Same channel. Same Mem0 data. Different people, different summaries.

This only works because DM memory has been accumulating context about each user from their private conversations with the bot. The longer someone uses the bot in DMs, the more personalized their !catchmeup becomes. The memory compounds.


The pattern across all three features

Looking at these three features together, there's a consistent pattern:

Feature Mem0 operation What it adds
!summarize get_all() → LLM synthesis Better read path on existing data
📌 reaction add() with explicit content Human-curated write path
🗑️ reaction search()delete(id) Human-curated delete path
!catchmeup get_all() × 2 scopes → LLM Cross-scope personalization

Mem0 is doing the hard work in all four cases: storing, indexing, retrieving. The application code is just deciding when to call which operation and how to frame the result for the LLM.

This is the real argument for using a managed memory layer instead of rolling your own vector store: you get add, search, get_all, and delete as primitives, and you can build surprisingly rich behavior by composing them.


What's next

A few directions we're thinking about:

Graph memory — Mem0 supports a graph mode that tracks relationships between entities.

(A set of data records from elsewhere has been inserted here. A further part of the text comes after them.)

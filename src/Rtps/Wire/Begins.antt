-- ===== src/Rtps/Wire/Begins.antt =====
-- What the writers leave: memory that begins with given bytes. Every write goes on where the one
-- before it stopped.
use open_rtdds.Prelude.{
  ℕ, ◌+◌, ◌-◌, ◌/◌, ◌%◌, ◌^◌, ◌≤◌, ◌<◌, ◌≡◌, refl, sym, ap, ◌∙◌, arith, List, [], ◌∷◌, ◌++◌, length,
  length-append, append_assoc, append-nil, subst, get_or, dec_lt, Bool, true, false, bit_or,
  BytePointer, if◌then◌else◌,
}
use open_rtdds.Rtps.Types.{ByteOrder, big_endian, little_endian}
use open_rtdds.Serialization.Cdr.{byte_at, put_byte, copy_to}
use open_rtdds.Serialization.Integral.{
  Sized, put_byte-Sized, byte_at-put_byte_self, byte_at-put_byte_ne, store_loop-Stored,
  store_integral,
}
use open_rtdds.Serialization.Copies.{copy_to-Sized, copy_to_below, copy_to_inside}
use open_rtdds.Rtps.Wire.{or_byte, write_uint16, write_uint32}
use open_rtdds.Rtps.Wire.Holds.{
  Holds, get_or-append_left, get_or-append_right, uint16_bytes, uint32_bytes, get_or-uint32_bytes,
}

-- Memory of `n` bytes whose first `k` are `ps`.
pub record Begins (n : ℕ) (b : BytePointer) (k : ℕ) (ps : List ℕ) : Type 0 where
  pub sized : Sized n b
  pub size : length ps ≡ k
  pub holds : (i : ℕ) → i < k → byte_at b i ≡ get_or ps i 0

pub Begins-nil : (n : ℕ) (b : BytePointer) → Sized n b → Begins n b 0 []
Begins-nil n b h = record { sized = h; size = refl; holds = λ i lt. absurd (omega arith) }

-- A write at `k` that leaves what is below it.
extend :
    (n : ℕ) (b c : BytePointer) (k : ℕ) (ps qs : List ℕ)
    → Begins n b k ps
    → Sized n c
    → ((i : ℕ) → i < k → byte_at c i ≡ byte_at b i)
    → Holds c k qs
    → Begins n c (k + length qs) (ps ++ qs)
extend n b c k ps qs v sized below inside = record {
  sized = sized;
  size = omega (arith, length-append ps qs, v.size);
  holds = λ i lt. elim (dec_lt i k) [
    | yes low ↦
        below i low ∙ v.holds i low ∙ sym (get_or-append_left ps qs i (omega (arith, v.size)))
    | no high ↦
        let there : i ≡ k + (i - k) = omega arith in
        ap (byte_at c) there
        ∙ inside (i - k) (omega arith)
        ∙ sym (get_or-append_right ps qs (i - k))
        ∙ ap (λ j. get_or (ps ++ qs) j 0) {x = length ps + (i - k)} {y = i} (omega (arith, v.size))
  ];
}

pub Begins-copy_to :
    (n : ℕ) (b : BytePointer) (k w : ℕ) (ps src : List ℕ)
    → Begins n b k ps
    → length src ≡ w
    → k + w ≤ n
    → Begins n (copy_to b k src) (k + w) (ps ++ src)
Begins-copy_to n b k w ps src v size room =
    let h =
      extend n b (copy_to b k src) k ps src v (copy_to-Sized n k src b v.sized)
        (λ i lt. copy_to_below n k src i b lt)
        (λ i lt. copy_to_inside n k src i b v.sized lt (omega arith)) in
    record {
      sized = h.sized;
      size = omega (arith, h.size);
      holds = λ i lt. h.holds i (omega arith);
    }

pub Begins-put_byte :
    (n : ℕ) (b : BytePointer) (k : ℕ) (ps : List ℕ) (value : ℕ)
    → Begins n b k ps
    → k + 1 ≤ n
    → Begins n (put_byte b k value) (k + 1) (ps ++ value ∷ [])
Begins-put_byte n b k ps value v room =
    extend n b (put_byte b k value) k ps (value ∷ []) v (put_byte-Sized n k value b v.sized)
      (λ i lt. byte_at-put_byte_ne k i value b (omega arith))
      (λ i lt.
        let first : i ≡ 0 = omega arith in
        ap (byte_at (put_byte b k value)) {x = k + i} {y = k} (omega arith)
        ∙ byte_at-put_byte_self n k value b v.sized (omega arith)
        ∙ sym (ap (λ j. get_or (value ∷ []) j 0) first))

-- The last byte is written again.
rewritten :
    (n : ℕ) (b : BytePointer) (k : ℕ) (ps : List ℕ) (x value : ℕ)
    → Begins n b (k + 1) (ps ++ x ∷ [])
    → length ps ≡ k
    → k + 1 ≤ n
    → Begins n (put_byte b k value) (k + 1) (ps ++ value ∷ [])
rewritten n b k ps x value v size room =
    Begins-put_byte n b k ps value
      (record {
        sized = v.sized;
        size = size;
        holds = λ i lt. v.holds i (omega arith) ∙ get_or-append_left ps (x ∷ []) i (omega arith);
      })
      room

-- `if (test) { buffer[k] |= mask; }`
pub Begins-or_byte :
    (n : ℕ) (b : BytePointer) (k : ℕ) (ps : List ℕ) (x mask : ℕ) (test : Bool)
    → Begins n b (k + 1) (ps ++ x ∷ [])
    → length ps ≡ k
    → k + 1 ≤ n
    → Begins n
        (if test then or_byte b k mask else b)
        (k + 1)
        (ps ++ (if test then bit_or x mask else x) ∷ [])
Begins-or_byte n b k ps x mask false v size room = v
Begins-or_byte n b k ps x mask true v size room =
    let last : byte_at b k ≡ x =
      v.holds k (omega arith)
      ∙ ap (λ j. get_or (ps ++ x ∷ []) j 0) {x = k} {y = length ps + 0} (omega arith)
      ∙ get_or-append_right ps (x ∷ []) 0 in
    subst (λ y. Begins n (put_byte b k (bit_or y mask)) (k + 1) (ps ++ bit_or x mask ∷ []))
      (sym last) (rewritten n b k ps x (bit_or x mask) v size room)

two :
    (n : ℕ) (b : BytePointer) (k : ℕ) (ps : List ℕ) (x y : ℕ)
    → Begins n b k ps
    → k + 2 ≤ n
    → Begins n (put_byte (put_byte b k x) (k + 1) y) (k + 2) (ps ++ x ∷ y ∷ [])
two n b k ps x y v room =
    let h =
      Begins-put_byte n (put_byte b k x) (k + 1) (ps ++ x ∷ []) y
        (Begins-put_byte n b k ps x v (omega arith)) (omega arith) in
    record {
      sized = h.sized;
      size = omega (arith, length-append ps (x ∷ y ∷ []), v.size);
      holds = λ i lt.
          h.holds i (omega arith) ∙ ap (λ l. get_or l i 0) (append_assoc ps (x ∷ []) (y ∷ []));
    }

pub Begins-write_uint16 :
    (n : ℕ) (b : BytePointer) (k : ℕ) (ps : List ℕ) (value : ℕ) (order : ByteOrder)
    → Begins n b k ps
    → k + 2 ≤ n
    → Begins n (write_uint16 b k value order) (k + 2) (ps ++ uint16_bytes value order)
unfolding write_uint16
Begins-write_uint16 n b k ps value little_endian v room =
    two n b k ps (value % 2 ^ 8) (value / 2 ^ 8 % 2 ^ 8) v room
Begins-write_uint16 n b k ps value big_endian v room =
    two n b k ps (value / 2 ^ 8 % 2 ^ 8) (value % 2 ^ 8) v room

pub Begins-write_uint32 :
    (n : ℕ) (b : BytePointer) (k : ℕ) (ps : List ℕ) (value : ℕ) (order : ByteOrder)
    → Begins n b k ps
    → k + 4 ≤ n
    → Begins n (write_uint32 b k value order) (k + 4) (ps ++ uint32_bytes value order)
unfolding write_uint32 store_integral
Begins-write_uint32 n b k ps value order v room =
    let s = store_loop-Stored n order 4 4 0 k value b v.sized (omega arith) in
    extend n b (store_integral order k value 4 b) k ps (uint32_bytes value order) v s.sized
      (λ i lt. s.below i (omega arith))
      (λ i lt.
        s.inside i (omega arith) (omega arith)
        ∙ sym (get_or-uint32_bytes value order i (omega arith)))

-- A segment at the end.
pub Begins-split :
    (n : ℕ) (b : BytePointer) (k w : ℕ) (ps qs : List ℕ)
    → Begins n b (k + w) (ps ++ qs)
    → length qs ≡ w
    → Begins n b k ps × Holds b k qs
Begins-split n b k w ps qs v size =
    let front : length ps ≡ k = omega (arith, v.size, length-append ps qs) in
    (
      record {
        sized = v.sized;
        size = front;
        holds = λ i lt. v.holds i (omega arith) ∙ get_or-append_left ps qs i (omega arith);
      },
      λ i lt.
          v.holds (k + i) (omega arith)
          ∙ ap (λ j. get_or (ps ++ qs) j 0) {x = k + i} {y = length ps + i} (omega arith)
          ∙ get_or-append_right ps qs i,
    )

pub Begins-at :
    {n : ℕ} {b : BytePointer} {k : ℕ} {ps : List ℕ} (k' : ℕ)
    → k ≡ k'
    → Begins n b k ps
    → Begins n b k' ps
Begins-at {n} {b} {k} {ps} k' e v = subst (λ x. Begins n b x ps) e v

pub Begins-assoc :
    {n : ℕ} {b : BytePointer} {k : ℕ} (ps qs rs : List ℕ)
    → Begins n b k ((ps ++ qs) ++ rs)
    → Begins n b k (ps ++ (qs ++ rs))
Begins-assoc {n} {b} {k} ps qs rs v = subst (λ xs. Begins n b k xs) (append_assoc ps qs rs) v

pub Begins-end :
    {n : ℕ} {b : BytePointer} {k : ℕ} (ps : List ℕ) → Begins n b k ps → Begins n b k (ps ++ [])
Begins-end {n} {b} {k} ps v = subst (λ xs. Begins n b k xs) (sym (append-nil ps)) v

You could model "Alice owns the auth service", "auth service depends on user-db", and surface that graph when someone asks about a deployment.

Per-channel LLM config — store a channel's preferred model in Mem0 itself (alongside conversation memory). #architecture uses a powerful reasoning model; #random uses a fast cheap one.

!whoknows <topic> — search across all user DM scopes to find who has the most relevant memories about a given topic. Instant expert routing.